An Italian sculptor, painter, poet, and architect of the High Renaissance, Michelangelo was born in the Republic of Florence. It was a medieval and early modern state centred on Florence, an Italian city. Many scholars consider him as one of the greatest artists of all time. He had a tremendous influence on Western art and created the most famous works of sculpture and painting.
Based on the surviving sketches, correspondence, and reminiscences, his works seem prodigious. He is also among the best-documented artists who lived in the 16th century. Here are some of his famous sculptures:
This is undoubtedly one of the most famous sculptures in the world. Michelangelo sculpted this masterpiece over the course of three years. He began working on it when he was just 26 years of age. Interestingly, many of the earlier depictions of this Biblical hero show his triumphant side.
Michelangelo was the first sculptor to portray David in an alert, tense position before his legendary fight with Goliath. This sculpture was originally positioned in 1504 at the Piazza Della Signoria in Florence. It was then moved to Galleria dell’Accademia in 1873. Today, it is displayed in this art museum under a specially-designed skylight.
Alongside his famous work, David, this 15th-century sculpture is considered one of Michelangelo’s greatest works. It was created originally for the French Cardinal Jean de Bilheres’s funeral tomb. This sculpture shows Virgin Mary holding Jesus Christ’s body after his crucifixion. It was a common theme in Renaissance-era Italy’s funeral monuments.
During the 18th century, the sculpture was moved to St. Peter’s Basilica.

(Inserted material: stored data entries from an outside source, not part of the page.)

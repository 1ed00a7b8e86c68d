-- ===== src/Casedef/Validate.antt =====
-- `Validate`: the problems of a scenario, and the defaults that it gets (casedef/case.go).
pub mod Sound
use deadlocker.Base.{
  ℕ, zero, suc, ◌+◌, ◌%◌, ltb, leb, ◌==◌, Bool, true, false, not, ◌&&◌, ◌||◌, Option, none, some,
  List, [], ◌∷◌, ◌++◌, Bytes, String, length, get_or, take, bytes_eq, has_prefix, str, trim_space,
  fields, join, to_upper, map, if◌then◌else◌,
}
use deadlocker.Casedef.Types.{Expectation, is_valid, Actor, DocLink, Step, MySqlConfig, Case}

-- A problem by its kind and its place: the number of the actor, step or link, counted from one, or
-- the text that it quotes.
pub data Problem : Type 0 where
  name_required actors_required steps_required : Problem
  actor_id_required : ℕ → Problem
  duplicate_id : Bytes → Problem
  step_actor_required : ℕ → Problem
  unknown_actor : ℕ → Bytes → Problem
  sql_required : ℕ → Problem
  unknown_expect : ℕ → Expectation → Problem
  url_required : ℕ → Problem
  url_scheme : ℕ → Problem
  invalid_isolation : Bytes → Problem

unfoldable pub problem_if : Bool → Problem → List Problem
problem_if b p = if b then p ∷ [] else []

unfoldable pub is_empty_text : Bytes → Bool
is_empty_text s = bytes_eq s []

unfoldable pub default_text : Bytes → Bytes → Bytes
default_text s d = if is_empty_text s then d else s

abbrev pub accents : List String
accents = "blue" ∷ "amber" ∷ "violet" ∷ "teal" ∷ "rose" ∷ []

-- Whether an id is among those seen.
unfoldable pub is_seen : List Bytes → Bytes → Bool
is_seen [] k = false
is_seen (x ∷ xs) k = bytes_eq x k || is_seen xs k

unfoldable pub fill_actor : ℕ → Actor → Actor
fill_actor i a = record a {
  name = default_text a.name a.id;
  accent = default_text a.accent (str (get_or accents (i % 5) ""));
}

-- The loop over the actors, from index `i`: the actors with their defaults, the ids seen, and the
-- problems.
unfoldable pub validate_actors :
    ℕ → List Bytes → List Actor → List Actor × List Bytes × List Problem
validate_actors i seen [] = ([], seen, [])
validate_actors i seen (a ∷ rest) =
    let missing = is_empty_text a.id in
    let (filled, ids, problems) =
      validate_actors (i + 1) (if missing then seen else a.id ∷ seen) rest in
    (
      (if missing then a else fill_actor i a) ∷ filled,
      ids,
      (if missing
            then actor_id_required (i + 1) ∷ []
            else problem_if (is_seen seen a.id) (duplicate_id a.id))
          ++ problems,
    )

-- A short label; a long statement is cut after 63 bytes.
unfoldable pub summarise : Bytes → Bytes
summarise sql =
    let s = join (fields sql) (str " ") in if ltb 64 (length s) then take 63 s ++ str "…" else s

unfoldable pub actor_problems : List Bytes → ℕ → Step → List Problem
actor_problems seen n s =
    if is_empty_text s.actor
    then step_actor_required n ∷ []
    else problem_if (not (is_seen seen s.actor)) (unknown_actor n s.actor)

unfoldable pub step_problems : List Bytes → ℕ → Step → List Problem
step_problems seen n s =
    actor_problems seen n s
    ++ problem_if (is_empty_text (trim_space s.sql)) (sql_required n)
    ++ problem_if (not (is_valid s.expect)) (unknown_expect n s.expect)

unfoldable pub fill_step : Step → Step
fill_step s = record s { label = default_text s.label (summarise s.sql) }

unfoldable pub validate_steps : List Bytes → ℕ → List Step → List Step × List Problem
validate_steps seen i [] = ([], [])
validate_steps seen i (s ∷ rest) =
    let (filled, problems) = validate_steps seen (i + 1) rest in
    (fill_step s ∷ filled, step_problems seen (i + 1) s ++ problems)

unfoldable pub has_scheme : Bytes → Bool
has_scheme url = has_prefix url (str "http://") || has_prefix url (str "https://")

unfoldable pub doc_problems : ℕ → Bytes → List Problem
doc_problems n url =
    if is_empty_text url
    then url_required n ∷ []
    else problem_if (not (has_scheme url)) (url_scheme n)

unfoldable pub fill_doc : DocLink → DocLink
fill_doc d =
    let url = trim_space d.url in
    if not (is_empty_text url) && is_empty_text (trim_space d.title)
    then record d { url = url; title = url }
    else record d { url = url }

unfoldable pub validate_docs : ℕ → List DocLink → List DocLink × List Problem
validate_docs i [] = ([], [])
validate_docs i (d ∷ rest) =
    let (filled, problems) = validate_docs (i + 1) rest in
    (fill_doc d ∷ filled, doc_problems (i + 1) (trim_space d.url) ++ problems)

-- `strings.ReplaceAll` of a dash by a space.
unfoldable pub spaced : Bytes → Bytes
spaced [] = []
spaced (c ∷ s) = (if c == b'-' then b' ' else c) ∷ spaced s

unfoldable pub valid_isolation : Bytes → Bool
valid_isolation s =
    let level = to_upper (spaced (trim_space s)) in
    bytes_eq level (str "READ UNCOMMITTED")
    || bytes_eq level (str "READ COMMITTED")
    || bytes_eq level (str "REPEATABLE READ")
    || bytes_eq level (str "SERIALIZABLE")

unfoldable pub normalised_isolation : Case → Bytes
normalised_isolation c =
    let iso = trim_space c.mysql.isolation in
    if is_empty_text iso then [] else to_upper (spaced iso)

unfoldable pub fill_mysql : MySqlConfig → MySqlConfig
fill_mysql m = record m {
  image = default_text m.image (str "mysql:8.4");
  lock_wait_timeout = if m.lock_wait_timeout == 0 then 120 else m.lock_wait_timeout;
}

unfoldable pub isolation_problems : MySqlConfig → List Problem
isolation_problems m =
    let iso = trim_space m.isolation in
    problem_if (not (is_empty_text iso) && not (valid_isolation iso)) (invalid_isolation iso)

-- The case with its defaults, and its problems; it is valid when there are none.
unfoldable pub validate : Case → Case × List Problem
validate c =
    let (actors, seen, actors_bad) = validate_actors 0 [] c.actors in
    let (steps, steps_bad) = validate_steps seen 0 c.steps in
    let (docs, docs_bad) = validate_docs 0 c.docs in
    (
      record c { actors = actors; steps = steps; docs = docs; mysql = fill_mysql c.mysql },
      problem_if (is_empty_text (trim_space c.name)) name_required
          ++ problem_if (length c.actors == 0) actors_required
          ++ problem_if (length c.steps == 0) steps_required
          ++ actors_bad
          ++ steps_bad
          ++ docs_bad
          ++ isolation_problems c.mysql,
    )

Over the years, this great work of sculpture has suffered considerable damage. A significant part of it occurred in 1972. A mentally disturbed Australian geologist called Lazlo Toth attacked the sculpture with a hammer. He removed the arm of the Virgin Mary at the elbow. Then he knocked off a part of her nose and chipped one of her eyelids.
3. Madonna of Bruges
It was the only Michelangelo sculpture taken out of Italy during the lifetime of this great sculptor. The sculpture was donated to its current home, which is Bruges’ Onze-Lieve-Vrouwekerk. It was bought in 1504 by the Mouscrons, a wealthy cloth merchant family residing in Bruges.
The sculpture has been removed from the church on two occasions. It was removed during the French Revolutionary Wars and returned in 1815. The Nazi soldiers looted it during the Second World War. This episode has been shown in The Monuments Men, a film released in 2014.

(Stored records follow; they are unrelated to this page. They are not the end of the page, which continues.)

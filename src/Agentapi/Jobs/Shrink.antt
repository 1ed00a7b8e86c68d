-- ===== src/Agentapi/Jobs/Shrink.antt =====
-- Reducing a scenario to the steps that matter (agentapi/jobs.go).
pub mod Handler
pub mod Ended
pub mod Reduction
pub mod Minimal
use deadlocker.Base.{
  ℕ, zero, suc, ◌+◌, ltb, ◌==◌, ◌≡◌, Bool, true, false, not, ◌&&◌, Option, none, some, List, [],
  ◌∷◌, ◌++◌, Bytes, length, bytes_eq, str, decimal, inl, inr, if◌then◌else◌,
}
use deadlocker.Casedef.Types.{Case, Step}
use deadlocker.Casedef.Validate.{validate}
use deadlocker.Agentapi.Jobs.{Job, Jobs, update}
use deadlocker.Agentapi.Jobs.Play.{Runs, PlayEnd, played, Counts, play_all, outcome_of_run}

-- Without the element at an index.
unfoldable pub remove_at {ℓ} : {A : Type ℓ} → ℕ → List A → List A
remove_at i [] = []
remove_at zero (x ∷ xs) = xs
remove_at (suc i) (x ∷ xs) = x ∷ remove_at i xs

unfoldable pub label_at : List Step → ℕ → Bytes
label_at [] i = []
label_at (s ∷ rest) zero = s.label
label_at (s ∷ rest) (suc i) = label_at rest i

unfoldable pub shows_target : Bytes → Counts → Bool
shows_target target (deadlocks, timeouts, blocked) =
    if bytes_eq target (str "deadlock")
    then ltb 0 deadlocks
    else if bytes_eq target (str "timeout")
    then ltb 0 timeouts
    else ltb 0 blocked

-- A copy of the case with other steps: what `cloneCase` copies is a value here.
unfoldable pub with_steps : Case → List Step → Case
with_steps c steps = record c { steps = steps }

unfoldable pub set_progress : Bytes → Job → Job
set_progress text job = record job { progress = text }

unfoldable pub attempt_text : ℕ → ℕ → Bytes
attempt_text attempts n =
    str "attempt " ++ decimal attempts ++ str ": " ++ decimal n ++ str " step(s) remaining"

abbrev pub max_attempts : ℕ
max_attempts = 80

-- The variables of the loops; `kept` has the places in the original of the steps that are left.
pub record Shrinking (W : Type 0) : Type 0 where
  pub current : Case
  pub kept : List ℕ
  pub attempts : ℕ
  pub changed : Bool
  pub removed : List Bytes
  pub jobs : Jobs
  pub world : W

-- The numbers from one on.
unfoldable pub upto : ℕ → ℕ → List ℕ
upto first zero = []
upto first (suc n) = first ∷ upto (suc first) n

unfoldable pub begin_shrink : {W : Type 0} → Case → Jobs → W → Shrinking W
begin_shrink base jobs w = record {
  current = base;
  kept = upto 0 (length base.steps);
  attempts = 0;
  changed = true;
  removed = [];
  jobs = jobs;
  world = w;
}

-- A candidate that was run: it is taken when it still shows the target.
unfoldable pub take_if : {W : Type 0} → ℕ → Case → Shrinking W → Option Bool → Shrinking W
take_if i candidate st (some true) = record st {
  removed = st.removed ++ (label_at st.current.steps i ∷ []);
  current = candidate;
  kept = remove_at i st.kept;
  changed = true;
}
take_if i candidate st _ = st

module _ {W R : Type 0} (runs : Runs W R) where
  -- Whether a candidate still shows the target; `none` is the error of a run that did not start.
  unfoldable pub reproduces : W → Case → Bytes → W × Option Bool
  reproduces w c target =
      let (w1, started) = runs.start w (record c { ephemeral = true }) in
      elim started [
        | inl e ↦ (w1, none)
        | inr r ↦
            let (w2, end) = play_all runs 120000 r w1 in
            let shown = shows_target target (outcome_of_run (runs.steps w2 r) (0, 0, 0)) in
            (runs.close_run w2 r, some (elim end [ played ↦ shown | _ ↦ false ]))
      ]

  -- The condition that both loops share.
  unfoldable pub goes_on : Shrinking W → Bool
  goes_on st = ltb st.attempts max_attempts && not (runs.is_cancelled st.world)

  unfoldable pub try_candidate : Bytes → Bytes → ℕ → Case → Shrinking W → Shrinking W
  try_candidate id target i candidate st =
      let attempts = st.attempts + 1 in
      let (w, reply) = reproduces st.world candidate target in
      let st1 : Shrinking W = record st {
        attempts = attempts;
        jobs = update st.jobs id (set_progress (attempt_text attempts (length candidate.steps)));
        world = w;
      } in
      take_if i candidate st1 reply

  -- The body of the inner loop. A candidate without steps, and one that is not valid, are passed over.
  unfoldable pub try_without : Bytes → Bytes → ℕ → Shrinking W → Shrinking W
  try_without id target i st =
      let steps = remove_at i st.current.steps in
      let (candidate, problems) = validate (with_steps st.current steps) in
      if ltb 0 (length steps) && (length problems == 0)
      then try_candidate id target i candidate st
      else st

  -- The inner loop, from index `n - 1` down.
  unfoldable pub sweep_down : Bytes → Bytes → ℕ → Shrinking W → Shrinking W
  sweep_down id target zero st = st
  sweep_down id target (suc i) st = elim (goes_on st) [
    | true ↦ sweep_down id target i (try_without id target i st)
    | false ↦ st
  ]

  -- The outer loop; the fuel bounds its rounds.
  unfoldable pub reduce_rounds : Bytes → Bytes → ℕ → Shrinking W → Shrinking W
  reduce_rounds id target zero st = st
  reduce_rounds id target (suc fuel) st = elim (st.changed && goes_on st) [
    | true ↦
        reduce_rounds id target fuel
          (sweep_down id target (length st.current.steps) (record st { changed = false }))
    | false ↦ st
  ]

  unfoldable pub reduce : Bytes → Bytes → Shrinking W → Shrinking W
  reduce id target st = reduce_rounds id target (length st.current.steps + 1) st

It is the first large-scale sculpture of this renowned sculptor. Bacchus is among the few works of Michelangelo that focused on a pagan rather than a Christian subject. It shows the Roman god of wine in an awkward posture after getting intoxicated with the drink.
Cardinal Raffaele Riario had originally commissioned this statue but was rejected by Michelangelo. In the early 16th century, it was housed in the garden of banker Jacopo Galli’s residence. It has resided at Museo Nazionale del Bargello in Florence since 1871. Today, it is displayed alongside the master sculptor’s other works.